Output each record exactly. Leave none out.

═══ RECORDS FOR PROCESSING ═══

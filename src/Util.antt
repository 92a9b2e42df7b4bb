-- ===== src/Util.antt =====
-- internal/util: labels, lists of strings, and fields of unstructured objects. What the Kubernetes
-- libraries do is the parameter `Library`: the typed accessors of the package unstructured, the
-- parsing of a label selector, and whether a parsed selector matches. A nil map is `none`.
pub mod Unique
pub mod Concrete
mod Tests
use nightjar.Prelude.{
  ℕ, String, Bool, true, false, ◌&&◌, Option, none, some, List, [], ◌∷◌, ◌++◌, if◌then◌else◌, ◌==◌,
  string_eq, any, length, nat_eqb, keep,
}
use nightjar.Types.{LabelSelector, LabelSelectorRequirement}
use nightjar.Types.Value.{
  Value, Items, Object, end, field, nil, cons, lookup_field, to_list, as_string, as_object,
}

-- unstructured.Unstructured: the results of its getters, and its content. `GetLabels` and
-- `GetAnnotations` return the empty map for nil here.
pub record Unstructured : Type 0 where
  pub uid : String
  pub name : String
  pub namespace : String
  pub labels : List (String × String)
  pub annotations : List (String × String)
  pub content : Object

-- `(value, found, err)`: a value, not found, or an error.
pub data Nested (A : Type 0) : Type 0 where
  found : A → Nested A
  missing : Nested A
  failed : Nested A

pub record Library : Type 1 where
  pub nested_string : Object → List String → Nested String
  pub nested_bool : Object → List String → Nested Bool
  pub nested_string_slice : Object → List String → Nested (List String)
  pub nested_map : Object → List String → Nested Object
  pub nested_slice : Object → List String → Nested Items
  pub Selector : Type 0
  pub as_selector : LabelSelector → Option Selector
  pub matches : Selector → List (String × String) → Bool
  -- the `%d` of fmt on `int64(v)`, for the float64 that this text stands for
  pub int_text : String → String

-- `if err != nil || !found { return zero }`
abbrev pub or_else : {A : Type 0} → A → Nested A → A
or_else zero_value (found a) = a
or_else zero_value missing = zero_value
or_else zero_value failed = zero_value

abbrev pub as_option : {A : Type 0} → Nested A → Option A
as_option (found a) = some a
as_option missing = none
as_option failed = none

-- `v.(string)` over a slice, skipping what is no string
unfoldable pub strings_of : List Value → List String
unfolding as_string
strings_of [] = []
strings_of (v ∷ vs) = elim (as_string v) [ none ↦ strings_of vs | some s ↦ s ∷ strings_of vs ]

-- The entries of a map that are strings.
unfoldable pub string_entries : Object → List (String × String)
unfolding as_string
string_entries end = []
string_entries (field k v rest) =
    let others = string_entries rest in
    elim (as_string v) [ none ↦ others | some s ↦ (k, s) ∷ others ]

unfoldable pub safe_string_from_map : Option Object → String → String
unfolding lookup_field as_string
safe_string_from_map none key = ""
safe_string_from_map (some m) key = elim (lookup_field key m) [
  | none ↦ ""
  | some v ↦ elim (as_string v) [ none ↦ "" | some s ↦ s ]
]

unique_from : List String → List String → List String
unique_from seen [] = []
unique_from seen (v ∷ vs) =
    let first = v ∷ unique_from (v ∷ seen) vs in
    let again = unique_from seen vs in if any (λ s. s == v) seen then again else first

-- `UniqueStrings`; `seen` holds the keys of its map.
unfoldable pub unique_strings : List String → List String
unfolding unique_from
unique_strings l = unique_from [] l

module _ (lib : Library) where
  open lib use {
    nested_string, nested_bool, nested_string_slice, nested_map, nested_slice, as_selector, matches,
  }

  unfoldable pub safe_nested_string : Option Object → List String → String
  safe_nested_string none fields = ""
  safe_nested_string (some obj) fields = or_else "" (nested_string obj fields)

  unfoldable pub safe_nested_bool : Option Object → List String → Bool
  safe_nested_bool none fields = false
  safe_nested_bool (some obj) fields = or_else false (nested_bool obj fields)

  unfoldable pub safe_nested_string_slice : Option Object → List String → List String
  safe_nested_string_slice none fields = []
  safe_nested_string_slice (some obj) fields = or_else [] (nested_string_slice obj fields)

  unfoldable pub safe_nested_map : Option Object → List String → Option Object
  safe_nested_map none fields = none
  safe_nested_map (some obj) fields = as_option (nested_map obj fields)

  -- A nil slice is `none`.
  unfoldable pub safe_nested_slice : Option Object → List String → Option Items
  safe_nested_slice none fields = none
  safe_nested_slice (some obj) fields = as_option (nested_slice obj fields)

  unfoldable pub elements : Option Items → List Value
  unfolding to_list
  elements none = []
  elements (some l) = to_list l

  unfoldable pub selector_requirement : Object → LabelSelectorRequirement
  selector_requirement expr = record {
    key = safe_string_from_map (some expr) "key";
    operator = safe_string_from_map (some expr) "operator";
    requirement_values = strings_of (elements (safe_nested_slice (some expr) ("values" ∷ [])));
  }

  -- The loop over the expressions, which skips what is no map.
  unfoldable pub selector_requirements : List Value → List LabelSelectorRequirement
  selector_requirements [] = []
  selector_requirements (v ∷ vs) =
      let others = selector_requirements vs in
      elim (as_object v) [ none ↦ others | some expr ↦ selector_requirement expr ∷ others ]

  unfoldable pub label_entries : Option Object → List (String × String)
  label_entries none = []
  label_entries (some m) = string_entries m

  unfoldable pub safe_nested_label_selector : Option Object → List String → Option LabelSelector
  safe_nested_label_selector none fields = none
  safe_nested_label_selector (some obj) fields = elim (safe_nested_map (some obj) fields) [
    | none ↦ none
    | some selector ↦ some (record {
      match_labels = label_entries (safe_nested_map (some selector) ("matchLabels" ∷ []));
      match_expressions =
          selector_requirements
            (elements (safe_nested_slice (some selector) ("matchExpressions" ∷ [])));
    })
  ]

  unfoldable pub is_empty_selector : LabelSelector → Bool
  is_empty_selector s = nat_eqb (length s.match_labels) 0 && nat_eqb (length s.match_expressions) 0

  unfoldable pub matches_label_selector : Option LabelSelector → List (String × String) → Bool
  matches_label_selector none labels = true
  matches_label_selector (some selector) labels =
      if is_empty_selector selector
      then true
      else elim (as_selector selector) [ none ↦ false | some s ↦ matches s labels ]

═══

» **RESPONSE**:
filename src/Util.antt
repository 92a9b2e42df7b4bb
-- ===== src/Util.antt =====
-- internal/util: labels, lists of strings, and fields of unstructured objects. What the Kubernetes
-- libraries do is the parameter `Library`: the typed accessors of the package unstructured, the
-- parsing of a label selector, and whether a parsed selector matches. A nil map is `none`.
pub mod Unique
pub mod Concrete
mod Tests
use nightjar.Prelude.{
  ℕ, String, Bool, true, false, ◌&&◌, Option, none, some, List, [], ◌∷◌, ◌++◌, if◌then◌else◌, ◌==◌,
  string_eq, any, length, nat_eqb, keep,
}
use nightjar.Types.{LabelSelector, LabelSelectorRequirement}
use nightjar.Types.Value.{
  Value, Items, Object, end, field, nil, cons, lookup_field, to_list, as_string, as_object,
}

-- unstructured.Unstructured: the results of its getters, and its content. `GetLabels` and
-- `GetAnnotations` return the empty map for nil here.
pub record Unstructured : Type 0 where
  pub uid : String
  pub name : String
  pub namespace : String
  pub labels : List (String × String)
  pub annotations : List (String × String)
  pub content : Object

-- `(value, found, err)`: a value, not found, or an error.
pub data Nested (A : Type 0) : Type 0 where
  found : A → Nested A
  missing : Nested A
  failed : Nested A

pub record Library : Type 1 where
  pub nested_string : Object → List String → Nested String
  pub nested_bool : Object → List String → Nested Bool
  pub nested_string_slice : Object → List String → Nested (List String)
  pub nested_map : Object → List String → Nested Object
  pub nested_slice : Object → List String → Nested Items
  pub Selector : Type 0
  pub as_selector : LabelSelector → Option Selector
  pub matches : Selector → List (String × String) → Bool
  -- the `%d` of fmt on `int64(v)`, for the float64 that this text stands for
  pub int_text : String → String

-- `if err != nil || !found { return zero }`
abbrev pub or_else : {A : Type 0} → A → Nested A → A
or_else zero_value (found a) = a
or_else zero_value missing = zero_value
or_else zero_value failed = zero_value

abbrev pub as_option : {A : Type 0} → Nested A → Option A
as_option (found a) = some a
as_option missing = none
as_option failed = none

-- `v.(string)` over a slice, skipping what is no string
unfoldable pub strings_of : List Value → List String
unfolding as_string
strings_of [] = []
strings_of (v ∷ vs) = elim (as_string v) [ none ↦ strings_of vs | some s ↦ s ∷ strings_of vs ]

-- The entries of a map that are strings.
unfoldable pub string_entries : Object → List (String × String)
unfolding as_string
string_entries end = []
string_entries (field k v rest) =
    let others = string_entries rest in
    elim (as_string v) [ none ↦ others | some s ↦ (k, s) ∷ others ]

unfoldable pub safe_string_from_map : Option Object → String → String
unfolding lookup_field as_string
safe_string_from_map none key = ""
safe_string_from_map (some m) key = elim (lookup_field key m) [
  | none ↦ ""
  | some v ↦ elim (as_string v) [ none ↦ "" | some s ↦ s ]
]

unique_from : List String → List String → List String
unique_from seen [] = []
unique_from seen (v ∷ vs) =
    let first = v ∷ unique_from (v ∷ seen) vs in
    let again = unique_from seen vs in if any (λ s. s == v) seen then again else first

-- `UniqueStrings`; `seen` holds the keys of its map.
unfoldable pub unique_strings : List String → List String
unfolding unique_from
unique_strings l = unique_from [] l

module _ (lib : Library) where
  open lib use {
    nested_string, nested_bool, nested_string_slice, nested_map, nested_slice, as_selector, matches,
  }

  unfoldable pub safe_nested_string : Option Object → List String → String
  safe_nested_string none fields = ""
  safe_nested_string (some obj) fields = or_else "" (nested_string obj fields)

  unfoldable pub safe_nested_bool : Option Object → List String → Bool
  safe_nested_bool none fields = false
  safe_nested_bool (some obj) fields = or_else false (nested_bool obj fields)

  unfoldable pub safe_nested_string_slice : Option Object → List String → List String
  safe_nested_string_slice none fields = []
  safe_nested_string_slice (some obj) fields = or_else [] (nested_string_slice obj fields)

  unfoldable pub safe_nested_map : Option Object → List String → Option Object
  safe_nested_map none fields = none
  safe_nested_map (some obj) fields = as_option (nested_map obj fields)

  -- A nil slice is `none`.
  unfoldable pub safe_nested_slice : Option Object → List String → Option Items
  safe_nested_slice none fields = none
  safe_nested_slice (some obj) fields = as_option (nested_slice obj fields)

  unfoldable pub elements : Option Items → List Value
  unfolding to_list
  elements none = []
  elements (some l) = to_list l

  unfoldable pub selector_requirement : Object → LabelSelectorRequirement
  selector_requirement expr = record {
    key = safe_string_from_map (some expr) "key";
    operator = safe_string_from_map (some expr) "operator";
    requirement_values = strings_of (elements (safe_nested_slice (some expr) ("values" ∷ [])));
  }

  -- The loop over the expressions, which skips what is no map.
  unfoldable pub selector_requirements : List Value → List LabelSelectorRequirement
  selector_requirements [] = []
  selector_requirements (v ∷ vs) =
      let others = selector_requirements vs in
      elim (as_object v) [ none ↦ others | some expr ↦ selector_requirement expr ∷ others ]

  unfoldable pub label_entries : Option Object → List (String × String)
  label_entries none = []
  label_entries (some m) = string_entries m

  unfoldable pub safe_nested_label_selector : Option Object → List String → Option LabelSelector
  safe_nested_label_selector none fields = none
  safe_nested_label_selector (some obj) fields = elim (safe_nested_map (some obj) fields) [
    | none ↦ none
    | some selector ↦ some (record {
      match_labels = label_entries (safe_nested_map (some selector) ("matchLabels" ∷ []));
      match_expressions =
          selector_requirements
            (elements (safe_nested_slice (some selector) ("matchExpressions" ∷ [])));
    })
  ]

  unfoldable pub is_empty_selector : LabelSelector → Bool
  is_empty_selector s = nat_eqb (length s.match_labels) 0 && nat_eqb (length s.match_expressions) 0

  unfoldable pub matches_label_selector : Option LabelSelector → List (String × String) → Bool
  matches_label_selector none labels = true
  matches_label_selector (some selector) labels =
      if is_empty_selector selector
      then true
      else elim (as_selector selector) [ none ↦ false | some s ↦ matches s labels ]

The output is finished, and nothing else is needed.